- [TASK PROMPT]:
One part of the entries below is wanted: the lines from the one containing "e ↦ inl e.1" through the one containing "(climb_inputs q.index q.siblings". Write those out exactly and nothing else.

-- PROVIDED MATERIAL follows --

-- ===== src/Zk/Binding.antt =====
-- A root binds the commitment at an index, and a commitment its value: two proofs for one index,
-- and two openings of one commitment, agree unless they show a collision of BLAKE3.
use zeno_final_code.Common.{
  ℕ, zero, suc, ◌/◌, ◌%◌, ◌^◌, ◌<◌, ◌≡◌, refl, sym, ◌∙◌, ◌⊎◌, inl, inr, true, List, [], ◌∷◌, ◌++◌,
  length, arith, if◌then◌else◌, ◌==◌, Bool-cases,
}
use zeno_final_code.Hash.{Bytes, Hash32, Digests, eq_of_bytes_eq}
use zeno_final_code.Hash.Merkle.{AreDigests}
use zeno_final_code.Hash.Collision.{
  CollisionOf, blake3-injective, collision_left, collision_right, append_cancel_left, append_inj,
}
use zeno_final_code.Zk.{
  commitment_tree_depth, commitment_domain, tree_node_domain, tree_node_hash, climb,
  compute_commitment, to_le_bytes, verify_commitment_proof, CommitmentMerkleProof,
}

-- What an inner node hashes, and one on the way of a proof.
abbrev node_input : Hash32 → Hash32 → Bytes
node_input left right = tree_node_domain ++ (left ++ right)

abbrev step_input : ℕ → Hash32 → Hash32 → Bytes
step_input index sibling current =
    if index % 2 == 0 then node_input current sibling else node_input sibling current

abbrev pub commitment_input : ℕ → Bytes → Bytes
commitment_input value blinding = commitment_domain ++ (to_le_bytes 16 value ++ blinding)

pub length-to_le_bytes : (n a : ℕ) → length (to_le_bytes n a) ≡ n
unfolding to_le_bytes
length-to_le_bytes zero a = refl
length-to_le_bytes (suc n) a = omega (arith, length-to_le_bytes n (a / 256))

to_le_bytes-injective :
    (n a b : ℕ) → a < 256 ^ n → b < 256 ^ n → to_le_bytes n a ≡ to_le_bytes n b → a ≡ b
unfolding to_le_bytes
to_le_bytes-injective zero a b ha hb h = omega arith
to_le_bytes-injective (suc n) a b ha hb h =
    let low : a % 256 ≡ b % 256 = cc in
    let high = to_le_bytes-injective n (a / 256) (b / 256) (omega arith) (omega arith) (cc) in
    omega arith

module _ (d : Digests) where
  abbrev step : ℕ → Hash32 → Hash32 → Hash32
  step index sibling current =
      if index % 2 == 0 then tree_node_hash d current sibling else tree_node_hash d sibling current

  -- What the verification of a proof hashes on its way up.
  abbrev pub climb_inputs : ℕ → List Hash32 → Hash32 → List Bytes
  climb_inputs index [] x = []
  climb_inputs index (s ∷ siblings) x =
      (step_input index s x ∷ []) ++ climb_inputs (index / 2) siblings (step index s x)

  tree_node_hash-injective :
      (l r l' r' : Hash32)
      → length l ≡ length l'
      → tree_node_hash d l r ≡ tree_node_hash d l' r'
      → ((l ≡ l') × (r ≡ r')) ⊎ CollisionOf d (node_input l r ∷ []) (node_input l' r' ∷ [])
  unfolding tree_node_hash
  tree_node_hash-injective l r l' r' same h =
      elim (blake3-injective d (node_input l r) (node_input l' r') h) [
        | inl e ↦ inl (append_inj l l' r r' same (append_cancel_left tree_node_domain _ _ e))
        | inr c ↦ inr c
      ]

  length-step : (index : ℕ) (s x : Hash32) → length (step index s x) ≡ 32
  unfolding tree_node_hash
  length-step index s x = elim (Bool-cases (index % 2 == 0)) [
    | inl even ↦ rw even (d.length_blake3 _)
    | inr odd ↦ rw odd (d.length_blake3 _)
  ]

  step-injective :
      (index : ℕ) (s x t y : Hash32)
      → length s ≡ length t
      → length x ≡ length y
      → step index s x ≡ step index t y
      → (x ≡ y) ⊎ CollisionOf d (step_input index s x ∷ []) (step_input index t y ∷ [])
  step-injective index s x t y hs hx h = elim (Bool-cases (index % 2 == 0)) [
    | inl even ↦ elim (tree_node_hash-injective x s y t hx (rw even at h)) [
      | inl e ↦ inl e.0
      | inr c ↦ inr (rw even c)
    ]
    | inr odd ↦ elim (tree_node_hash-injective s x t y hs (rw odd at h)) [
      | inl e ↦ inl e.1
      | inr c ↦ inr (rw odd c)
    ]
  ]

  climb-injective :
      (index : ℕ) (ss ts : List Hash32) (x y : Hash32)
      → length ss ≡ length ts
      → AreDigests ss
      → AreDigests ts
      → length x ≡ length y
      → climb d index ss x ≡ climb d index ts y
      → (x ≡ y) ⊎ CollisionOf d (climb_inputs index ss x) (climb_inputs index ts y)
  unfolding climb
  climb-injective index [] [] x y l hs ht hx h = inl h
  climb-injective index [] (t ∷ ts) x y l hs ht hx h = absurd (omega arith)
  climb-injective index (s ∷ ss) [] x y l hs ht hx h = absurd (omega arith)
  climb-injective index (s ∷ ss) (t ∷ ts) x y l hs ht hx h =
      elim (climb-injective (index / 2) ss ts (step index s x) (step index t y) (omega arith) hs.1
        ht.1 (length-step index s x ∙ sym (length-step index t y)) h) [
          | inr c ↦
              inr (collision_right d (step_input index s x ∷ []) _ (step_input index t y ∷ []) _ c)
          | inl e ↦ elim (step-injective index s x t y (hs.0 ∙ sym ht.0) hx e) [
            | inl q ↦ inl q
            | inr c ↦
                inr (collision_left d (step_input index s x ∷ []) _ (step_input index t y ∷ []) _ c)
          ]
        ]

  verify_commitment_proof-parts :
      (p : CommitmentMerkleProof) (r : Hash32)
      → verify_commitment_proof d p r ≡ true
      → (length p.siblings ≡ commitment_tree_depth) × (climb d p.index p.siblings p.commitment ≡ r)
  unfolding verify_commitment_proof
  verify_commitment_proof-parts p r h =
      ground (arith, eq_of_bytes_eq (climb d p.index p.siblings p.commitment) r)

  -- Two proofs for one index that are both accepted against one root, whoever made them, have the
  -- same commitment, or an input hashed for the one and an input hashed for the other are different
  -- and have one BLAKE3 digest.
  pub verify_commitment_proof-binding :
      (p q : CommitmentMerkleProof) (r : Hash32)
      → p.index ≡ q.index
      → AreDigests (p.commitment ∷ p.siblings)
      → AreDigests (q.commitment ∷ q.siblings)
      → verify_commitment_proof d p r ≡ true
      → verify_commitment_proof d q r ≡ true
      → (p.commitment ≡ q.commitment)
        ⊎ CollisionOf d
            (climb_inputs p.index p.siblings p.commitment)
            (climb_inputs q.index q.siblings q.commitment)
  verify_commitment_proof-binding p q r same hp hq vp vq =
      let (lp, cp) = verify_commitment_proof-parts p r vp in
      let (lq, cq) = verify_commitment_proof-parts q r vq in
      rw same (
        climb-injective q.index p.siblings q.siblings p.commitment q.commitment (lp ∙ sym lq) hp.1
          hq.1 (hp.0 ∙ sym hq.0) (rw same at cp ∙ sym cq))

  -- A commitment binds its value and its blinding factor: two openings with values of a u128 are
  -- the same, or the two inputs that are hashed are different and have one BLAKE3 digest.
  pub compute_commitment-binding :
      (v w : ℕ) (b c : Bytes)
      → v < 256 ^ 16
      → w < 256 ^ 16
      → compute_commitment d v b ≡ compute_commitment d w c
      → ((v ≡ w) × (b ≡ c)) ⊎ CollisionOf d (commitment_input v b ∷ []) (commitment_input w c ∷ [])
  unfolding compute_commitment
  compute_commitment-binding v w b c hv hw h = elim (blake3-injective d _ _ h) [
    | inr k ↦ inr k
    | inl e ↦
        let parts =
          append_inj (to_le_bytes 16 v) (to_le_bytes 16 w) b c
            (length-to_le_bytes 16 v ∙ sym (length-to_le_bytes 16 w))
            (append_cancel_left commitment_domain _ _ e) in
        inl (to_le_bytes-injective 16 v w hv hw parts.0, parts.1)
  ]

-- PROVIDED MATERIAL concluded --

- [RESULT]:
      | inl e ↦ inl e.1
      | inr c ↦ inr (rw odd c)
    ]
  ]

  climb-injective :
      (index : ℕ) (ss ts : List Hash32) (x y : Hash32)
      → length ss ≡ length ts
      → AreDigests ss
      → AreDigests ts
      → length x ≡ length y
      → climb d index ss x ≡ climb d index ts y
      → (x ≡ y) ⊎ CollisionOf d (climb_inputs index ss x) (climb_inputs index ts y)
  unfolding climb
  climb-injective index [] [] x y l hs ht hx h = inl h
  climb-injective index [] (t ∷ ts) x y l hs ht hx h = absurd (omega arith)
  climb-injective index (s ∷ ss) [] x y l hs ht hx h = absurd (omega arith)
  climb-injective index (s ∷ ss) (t ∷ ts) x y l hs ht hx h =
      elim (climb-injective (index / 2) ss ts (step index s x) (step index t y) (omega arith) hs.1
        ht.1 (length-step index s x ∙ sym (length-step index t y)) h) [
          | inr c ↦
              inr (collision_right d (step_input index s x ∷ []) _ (step_input index t y ∷ []) _ c)
          | inl e ↦ elim (step-injective index s x t y (hs.0 ∙ sym ht.0) hx e) [
            | inl q ↦ inl q
            | inr c ↦
                inr (collision_left d (step_input index s x ∷ []) _ (step_input index t y ∷ []) _ c)
          ]
        ]

  verify_commitment_proof-parts :
      (p : CommitmentMerkleProof) (r : Hash32)
      → verify_commitment_proof d p r ≡ true
      → (length p.siblings ≡ commitment_tree_depth) × (climb d p.index p.siblings p.commitment ≡ r)
  unfolding verify_commitment_proof
  verify_commitment_proof-parts p r h =
      ground (arith, eq_of_bytes_eq (climb d p.index p.siblings p.commitment) r)

  -- Two proofs for one index that are both accepted against one root, whoever made them, have the
  -- same commitment, or an input hashed for the one and an input hashed for the other are different
  -- and have one BLAKE3 digest.
  pub verify_commitment_proof-binding :
      (p q : CommitmentMerkleProof) (r : Hash32)
      → p.index ≡ q.index
      → AreDigests (p.commitment ∷ p.siblings)
      → AreDigests (q.commitment ∷ q.siblings)
      → verify_commitment_proof d p r ≡ true
      → verify_commitment_proof d q r ≡ true
      → (p.commitment ≡ q.commitment)
        ⊎ CollisionOf d
            (climb_inputs p.index p.siblings p.commitment)
            (climb_inputs q.index q.siblings q.commitment)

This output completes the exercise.